OpenTable has created a Directory API for acquiring and synchronizing restaurant data, allowing any affiliate to become an OpenTable partner. Once an affiliate integrates with the Directory API, diners can book restaurants right from the affiliate’s site or app.
According to the rules of OpenTable’s partner program, affiliates have to log over 100 seated reservations monthly before they get paid for attracting diners to the restaurant booking platform. This means that OpenTable gets new diners and revenue for free if an affiliate attracts 99 or fewer diners.
Should you create your own restaurant app?
Despite increasing interest in OpenTable, it’s clones, or similar apps, not all restaurant owners approve of the system. Some don’t see the point in spending extra money setting up an online reservation system, especially if they already have a stable customer flow. Others would like to hold tables for special customers and not just anyone. There are also restaurants that prefer sticking to old-school pen-and-paper bookings.
What’s more, the cost of OpenTable’s services is high.
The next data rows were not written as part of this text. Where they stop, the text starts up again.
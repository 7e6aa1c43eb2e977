-- ===== src/Ctl/MappedField/Laws.antt =====
-- The codec of `MappedField`: its size, its bytes and its parser agree.
use sysadmin.Base.{none, [], ◌++◌, OptAll, opt_map, ◌≡◌, refl, ok, arith}
use sysadmin.Protobuf.{Bytes, length_delimited, Protobuf}
use sysadmin.Protobuf.Laws.{IsLawful, Fits}
use sysadmin.Wire.{expect}
use sysadmin.Wire.Sized.{opt-sized, opt_initialized-sized}
use sysadmin.Wire.Initialized.{opt_initialized-opt_map}
use sysadmin.Wire.Codec.{IsCodec, Sizes, Writes}
use sysadmin.Wire.Sizes.{
  opt, wrap32-Sizes, append-Sizes, opt-Sizes, message_bytes, opt_message-Sizes,
}
use sysadmin.Wire.Kinds.{text_bytes, text-Sizes, unknown-Sizes, text-Writes, unknown-Writes}
use sysadmin.Wire.Writes.{append-Writes, opt-Writes, opt_message-Writes}
use sysadmin.Wire.Reads.{Parses, append-Parses, merge_loop-reads}
use sysadmin.Wire.Reads.Fields.{unknown_reads, singular_string_reads}
use sysadmin.Wire.Reads.Messages.{singular_message_reads}
use sysadmin.Ctl.ConfigValue.Laws as ConfigValueLaws
use sysadmin.Ctl.ConfigValue
use sysadmin.Ctl.MappedField.{
  MappedField, new, is_initialized, merge_field, merge_from, compute_size,
  write_to_with_cached_sizes, get_cached_size, message,
}

module _ ⦃P : Protobuf⦄ (L : IsLawful P) where
  unfoldable pub encode : MappedField → Bytes
  encode m =
      opt (text_bytes L 1) m.key
      ++ (opt (message_bytes L (ConfigValueLaws.codec L).encode 2) m.value
          ++ L.unknown m.unknown_fields)

  unfoldable pub fresh : MappedField → MappedField
  fresh m = record {
    key = m.key;
    value = opt_map (ConfigValueLaws.codec L).fresh m.value;
    unknown_fields = P.no_fields;
    cached_size = 0;
  }

  pub record IsValid (m : MappedField) : Type 0 where
    pub valid_key : OptAll L.IsUtf8 m.key
    pub valid_value : OptAll (ConfigValueLaws.codec L).IsValid m.value
    pub no_unknown : m.unknown_fields ≡ P.no_fields

  pub compute_size-Sizes : (m : MappedField) → Sizes (compute_size m).0 (encode m)
  unfolding compute_size encode
  compute_size-Sizes m = wrap32-Sizes (
      append-Sizes (opt-Sizes (text-Sizes L 1) m.key) (
        append-Sizes
          (opt_message-Sizes L (ConfigValueLaws.codec L) 1 2
            (L.length-tag 2 length_delimited (omega arith) (omega arith)) m.value)
          (unknown-Sizes L m.unknown_fields)))

  pub write_to_writes :
      (m : MappedField) → Writes (write_to_with_cached_sizes (compute_size m).1) (encode m)
  unfolding compute_size write_to_with_cached_sizes encode
  write_to_writes m = append-Writes (opt-Writes (text-Writes L 1) m.key) (
      append-Writes (opt_message-Writes L (ConfigValueLaws.codec L) 1 2 m.value)
        (unknown-Writes L m.unknown_fields))

  message-Parses : (m : MappedField) → IsValid m → Parses merge_field new (encode m) (fresh m)
  unfolding merge_field expect new encode fresh
  message-Parses m v =
      append-Parses
        (record {
          parse =
              singular_string_reads L merge_field 1 (omega arith)
                (λ v. record {
                  key = v;
                  value = none;
                  unknown_fields = P.no_fields;
                  cached_size = 0;
                })
                (λ is. refl) m.key v.valid_key;
        })
        (append-Parses
          (record {
            parse =
                singular_message_reads L (ConfigValueLaws.codec L) merge_field 2 (omega arith)
                  (λ v. record {
                    key = m.key;
                    value = v;
                    unknown_fields = P.no_fields;
                    cached_size = 0;
                  })
                  (λ is. refl) m.value v.valid_value;
          })
          (record {
            parse = λ h. unknown_reads L merge_field (fresh m) m.unknown_fields v.no_unknown;
          }))

  pub cached : (m : MappedField) → get_cached_size (compute_size m).1 ≡ (compute_size m).0
  unfolding get_cached_size compute_size
  cached m = refl

  pub merged :
      (m : MappedField) → IsValid m → Fits (encode m) → merge_from new (encode m) ≡ ok (fresh m, [])
  unfolding merge_from
  merged m v h = merge_loop-reads L ((message-Parses m v).parse h)

  pub initialized_fresh : (m : MappedField) → is_initialized (fresh m) ≡ is_initialized m
  unfolding is_initialized fresh ConfigValue.message
  initialized_fresh m = rw (
      opt_initialized-opt_map (ConfigValueLaws.codec L).fresh ConfigValue.is_initialized
        (ConfigValueLaws.codec L).is_initialized-fresh m.value)

  pub encode_sized : (m : MappedField) → encode (compute_size m).1 ≡ encode m
  unfolding compute_size encode
  encode_sized m = rw (opt-sized L (ConfigValueLaws.codec L) 1 2 m.value)

  pub initialized_sized : (m : MappedField) → is_initialized (compute_size m).1 ≡ is_initialized m
  unfolding compute_size is_initialized ConfigValue.message
  initialized_sized m = rw (opt_initialized-sized L (ConfigValueLaws.codec L) 1 m.value)

  unfoldable pub codec : IsCodec message
  unfolding message encode fresh
  codec = record {
    encode = encode;
    fresh = fresh;
    IsValid = IsValid;
    is_initialized-fresh = initialized_fresh;
    encode-compute_size = encode_sized;
    is_initialized-compute_size = initialized_sized;
    compute_size_lem = compute_size-Sizes;
    get_cached_size_lem = cached;
    write_lem = write_to_writes;
    merge_from_lem = λ m v h. merged m v h;
  }
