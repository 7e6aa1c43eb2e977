-- ===== src/Ctl/BlameEntry/Laws.antt =====
-- The codec of `BlameEntry`: its size, its bytes and its parser agree.
use sysadmin.Base.{IsU32, none, [], ◌++◌, OptAll, opt_map, ◌≡◌, refl, ok, arith}
use sysadmin.Protobuf.{Bytes, length_delimited, Protobuf}
use sysadmin.Protobuf.Laws.{IsLawful, Fits}
use sysadmin.Wire.{expect}
use sysadmin.Wire.Sized.{opt-sized, is_some-sized, opt_initialized-sized}
use sysadmin.Wire.Initialized.{is_some-opt_map, opt_initialized-opt_map}
use sysadmin.Wire.Codec.{IsCodec, Sizes, Writes}
use sysadmin.Wire.Sizes.{
  opt, wrap32-Sizes, append-Sizes, opt-Sizes, message_bytes, opt_message-Sizes,
}
use sysadmin.Wire.Kinds.{
  u32_bytes, text_bytes, u32-Sizes, text-Sizes, unknown-Sizes, u32-Writes, text-Writes,
  unknown-Writes,
}
use sysadmin.Wire.Writes.{append-Writes, opt-Writes, opt_message-Writes}
use sysadmin.Wire.Reads.{Parses, append-Parses, merge_loop-reads}
use sysadmin.Wire.Reads.Fields.{unknown_reads, singular_string_reads, optional_u32_reads}
use sysadmin.Wire.Reads.Messages.{singular_message_reads}
use sysadmin.Ctl.ConfigValue.Laws as ConfigValueLaws
use sysadmin.Ctl.ConfigValue
use sysadmin.Ctl.BlameEntry.{
  BlameEntry, new, is_initialized, merge_field, merge_from, compute_size,
  write_to_with_cached_sizes, get_cached_size, message,
}

module _ ⦃P : Protobuf⦄ (L : IsLawful P) where
  unfoldable pub encode : BlameEntry → Bytes
  encode m =
      opt (u32_bytes L 1) m.commit_id
      ++ (opt (text_bytes L 2) m.commit_time
          ++ (opt (message_bytes L (ConfigValueLaws.codec L).encode 3) m.val
              ++ L.unknown m.unknown_fields))

  unfoldable pub fresh : BlameEntry → BlameEntry
  fresh m = record {
    commit_id = m.commit_id;
    commit_time = m.commit_time;
    val = opt_map (ConfigValueLaws.codec L).fresh m.val;
    unknown_fields = P.no_fields;
    cached_size = 0;
  }

  pub record IsValid (m : BlameEntry) : Type 0 where
    pub valid_commit_id : OptAll IsU32 m.commit_id
    pub valid_commit_time : OptAll L.IsUtf8 m.commit_time
    pub valid_val : OptAll (ConfigValueLaws.codec L).IsValid m.val
    pub no_unknown : m.unknown_fields ≡ P.no_fields

  pub compute_size-Sizes : (m : BlameEntry) → Sizes (compute_size m).0 (encode m)
  unfolding compute_size encode
  compute_size-Sizes m = wrap32-Sizes (
      append-Sizes (opt-Sizes (u32-Sizes L 1) m.commit_id) (
        append-Sizes (opt-Sizes (text-Sizes L 2) m.commit_time) (
          append-Sizes
            (opt_message-Sizes L (ConfigValueLaws.codec L) 1 3
              (L.length-tag 3 length_delimited (omega arith) (omega arith)) m.val)
            (unknown-Sizes L m.unknown_fields))))

  pub write_to_writes :
      (m : BlameEntry) → Writes (write_to_with_cached_sizes (compute_size m).1) (encode m)
  unfolding compute_size write_to_with_cached_sizes encode
  write_to_writes m = append-Writes (opt-Writes (u32-Writes L 1) m.commit_id) (
      append-Writes (opt-Writes (text-Writes L 2) m.commit_time) (
        append-Writes (opt_message-Writes L (ConfigValueLaws.codec L) 1 3 m.val)
          (unknown-Writes L m.unknown_fields)))

  message-Parses : (m : BlameEntry) → IsValid m → Parses merge_field new (encode m) (fresh m)
  unfolding merge_field expect new encode fresh
  message-Parses m v =
      append-Parses
        (record {
          parse =
              optional_u32_reads L merge_field 1 (omega arith)
                (λ v. record {
                  commit_id = v;
                  commit_time = none;
                  val = none;
                  unknown_fields = P.no_fields;
                  cached_size = 0;
                })
                (λ is. refl) m.commit_id v.valid_commit_id;
        })
        (append-Parses
          (record {
            parse =
                singular_string_reads L merge_field 2 (omega arith)
                  (λ v. record {
                    commit_id = m.commit_id;
                    commit_time = v;
                    val = none;
                    unknown_fields = P.no_fields;
                    cached_size = 0;
                  })
                  (λ is. refl) m.commit_time v.valid_commit_time;
          })
          (append-Parses
            (record {
              parse =
                  singular_message_reads L (ConfigValueLaws.codec L) merge_field 3 (omega arith)
                    (λ v. record {
                      commit_id = m.commit_id;
                      commit_time = m.commit_time;
                      val = v;
                      unknown_fields = P.no_fields;
                      cached_size = 0;
                    })
                    (λ is. refl) m.val v.valid_val;
            })
            (record {
              parse = λ h. unknown_reads L merge_field (fresh m) m.unknown_fields v.no_unknown;
            })))

  pub cached : (m : BlameEntry) → get_cached_size (compute_size m).1 ≡ (compute_size m).0
  unfolding get_cached_size compute_size
  cached m = refl

  pub merged :
      (m : BlameEntry) → IsValid m → Fits (encode m) → merge_from new (encode m) ≡ ok (fresh m, [])
  unfolding merge_from
  merged m v h = merge_loop-reads L ((message-Parses m v).parse h)

  pub initialized_fresh : (m : BlameEntry) → is_initialized (fresh m) ≡ is_initialized m
  unfolding is_initialized fresh ConfigValue.message
  initialized_fresh m = rw (
    is_some-opt_map (ConfigValueLaws.codec L).fresh m.val,
    opt_initialized-opt_map (ConfigValueLaws.codec L).fresh ConfigValue.is_initialized
        (ConfigValueLaws.codec L).is_initialized-fresh m.val,
  )

  pub encode_sized : (m : BlameEntry) → encode (compute_size m).1 ≡ encode m
  unfolding compute_size encode
  encode_sized m = rw (opt-sized L (ConfigValueLaws.codec L) 1 3 m.val)

  pub initialized_sized : (m : BlameEntry) → is_initialized (compute_size m).1 ≡ is_initialized m
  unfolding compute_size is_initialized ConfigValue.message
  initialized_sized m = rw (
    is_some-sized L (ConfigValueLaws.codec L) 1 m.val,
    opt_initialized-sized L (ConfigValueLaws.codec L) 1 m.val,
  )

  unfoldable pub codec : IsCodec message
  unfolding message encode fresh
  codec = record {
    encode = encode;
    fresh = fresh;
    IsValid = IsValid;
    is_initialized-fresh = initialized_fresh;
    encode-compute_size = encode_sized;
    is_initialized-compute_size = initialized_sized;
    compute_size_lem = compute_size-Sizes;
    get_cached_size_lem = cached;
    write_lem = write_to_writes;
    merge_from_lem = λ m v h. merged m v h;
  }
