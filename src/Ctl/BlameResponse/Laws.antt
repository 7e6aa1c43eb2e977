-- ===== src/Ctl/BlameResponse/Laws.antt =====
-- The codec of `BlameResponse`: its size, its bytes and its parser agree.
use sysadmin.Base.{[], ◌++◌, map, All, OptAll, ◌≡◌, refl, ok, arith}
use sysadmin.Protobuf.{Bytes, length_delimited, Protobuf}
use sysadmin.Protobuf.Laws.{IsLawful, Fits}
use sysadmin.Wire.{expect}
use sysadmin.Wire.Sized.{each-sized, all_initialized-sized}
use sysadmin.Wire.Initialized.{all_initialized-map}
use sysadmin.Wire.Codec.{IsCodec, Sizes, Writes}
use sysadmin.Wire.Sizes.{
  opt, each, wrap32-Sizes, append-Sizes, opt-Sizes, message_bytes, each_message-Sizes,
}
use sysadmin.Wire.Kinds.{text_bytes, text-Sizes, unknown-Sizes, text-Writes, unknown-Writes}
use sysadmin.Wire.Writes.{append-Writes, opt-Writes, each_message-Writes}
use sysadmin.Wire.Reads.{Parses, append-Parses, merge_loop-reads}
use sysadmin.Wire.Reads.Fields.{unknown_reads, singular_string_reads}
use sysadmin.Wire.Reads.Messages.{repeated_message_reads}
use sysadmin.Ctl.BlameEntry.Laws as BlameEntryLaws
use sysadmin.Ctl.BlameEntry
use sysadmin.Ctl.BlameResponse.{
  BlameResponse, new, is_initialized, merge_field, merge_from, compute_size,
  write_to_with_cached_sizes, get_cached_size, message,
}

module _ ⦃P : Protobuf⦄ (L : IsLawful P) where
  unfoldable pub encode : BlameResponse → Bytes
  encode m =
      opt (text_bytes L 1) m.key
      ++ (each (message_bytes L (BlameEntryLaws.codec L).encode 2) m.entries
          ++ L.unknown m.unknown_fields)

  unfoldable pub fresh : BlameResponse → BlameResponse
  fresh m = record {
    key = m.key;
    entries = map (BlameEntryLaws.codec L).fresh m.entries;
    unknown_fields = P.no_fields;
    cached_size = 0;
  }

  pub record IsValid (m : BlameResponse) : Type 0 where
    pub valid_key : OptAll L.IsUtf8 m.key
    pub valid_entries : All (BlameEntryLaws.codec L).IsValid m.entries
    pub no_unknown : m.unknown_fields ≡ P.no_fields

  pub compute_size-Sizes : (m : BlameResponse) → Sizes (compute_size m).0 (encode m)
  unfolding compute_size encode
  compute_size-Sizes m = wrap32-Sizes (
      append-Sizes (opt-Sizes (text-Sizes L 1) m.key) (
        append-Sizes
          (each_message-Sizes L (BlameEntryLaws.codec L) 1 2
            (L.length-tag 2 length_delimited (omega arith) (omega arith)) m.entries)
          (unknown-Sizes L m.unknown_fields)))

  pub write_to_writes :
      (m : BlameResponse) → Writes (write_to_with_cached_sizes (compute_size m).1) (encode m)
  unfolding compute_size write_to_with_cached_sizes encode
  write_to_writes m = append-Writes (opt-Writes (text-Writes L 1) m.key) (
      append-Writes (each_message-Writes L (BlameEntryLaws.codec L) 1 2 m.entries)
        (unknown-Writes L m.unknown_fields))

  message-Parses : (m : BlameResponse) → IsValid m → Parses merge_field new (encode m) (fresh m)
  unfolding merge_field expect new encode fresh
  message-Parses m v =
      append-Parses
        (record {
          parse =
              singular_string_reads L merge_field 1 (omega arith)
                (λ v. record {
                  key = v;
                  entries = [];
                  unknown_fields = P.no_fields;
                  cached_size = 0;
                })
                (λ is. refl) m.key v.valid_key;
        })
        (append-Parses
          (record {
            parse =
                repeated_message_reads L (BlameEntryLaws.codec L) merge_field 2 (omega arith)
                  (λ v. record {
                    key = m.key;
                    entries = v;
                    unknown_fields = P.no_fields;
                    cached_size = 0;
                  })
                  (λ is ms. refl) m.entries v.valid_entries;
          })
          (record {
            parse = λ h. unknown_reads L merge_field (fresh m) m.unknown_fields v.no_unknown;
          }))

  pub cached : (m : BlameResponse) → get_cached_size (compute_size m).1 ≡ (compute_size m).0
  unfolding get_cached_size compute_size
  cached m = refl

  pub merged :
      (m : BlameResponse)
      → IsValid m
      → Fits (encode m)
      → merge_from new (encode m) ≡ ok (fresh m, [])
  unfolding merge_from
  merged m v h = merge_loop-reads L ((message-Parses m v).parse h)

  pub initialized_fresh : (m : BlameResponse) → is_initialized (fresh m) ≡ is_initialized m
  unfolding is_initialized fresh BlameEntry.message
  initialized_fresh m = rw (
      all_initialized-map (BlameEntryLaws.codec L).fresh BlameEntry.is_initialized
        (BlameEntryLaws.codec L).is_initialized-fresh m.entries)

  pub encode_sized : (m : BlameResponse) → encode (compute_size m).1 ≡ encode m
  unfolding compute_size encode
  encode_sized m = rw (each-sized L (BlameEntryLaws.codec L) 1 2 m.entries)

  pub initialized_sized : (m : BlameResponse) → is_initialized (compute_size m).1 ≡ is_initialized m
  unfolding compute_size is_initialized BlameEntry.message
  initialized_sized m = rw (all_initialized-sized L (BlameEntryLaws.codec L) 1 m.entries)

  unfoldable pub codec : IsCodec message
  unfolding message encode fresh
  codec = record {
    encode = encode;
    fresh = fresh;
    IsValid = IsValid;
    is_initialized-fresh = initialized_fresh;
    encode-compute_size = encode_sized;
    is_initialized-compute_size = initialized_sized;
    compute_size_lem = compute_size-Sizes;
    get_cached_size_lem = cached;
    write_lem = write_to_writes;
    merge_from_lem = λ m v h. merged m v h;
  }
Maybe instead of paying money to online reservation companies, it’s better to develop your own restaurant app? Momofuku, an international group of restaurants, uses OpenTable services alongside its own reservation system. Chicago-based Alinea is a restaurant that has recently introduced its own ticketing platform. This platform allows diners to make reservations by buying tickets to the restaurant or booking them for free. This unusual idea makes guests feel as if they’re attending a show rather than going out to eat. We suggest that you take a closer look at the opportunity of growing your business without relying on any third parties.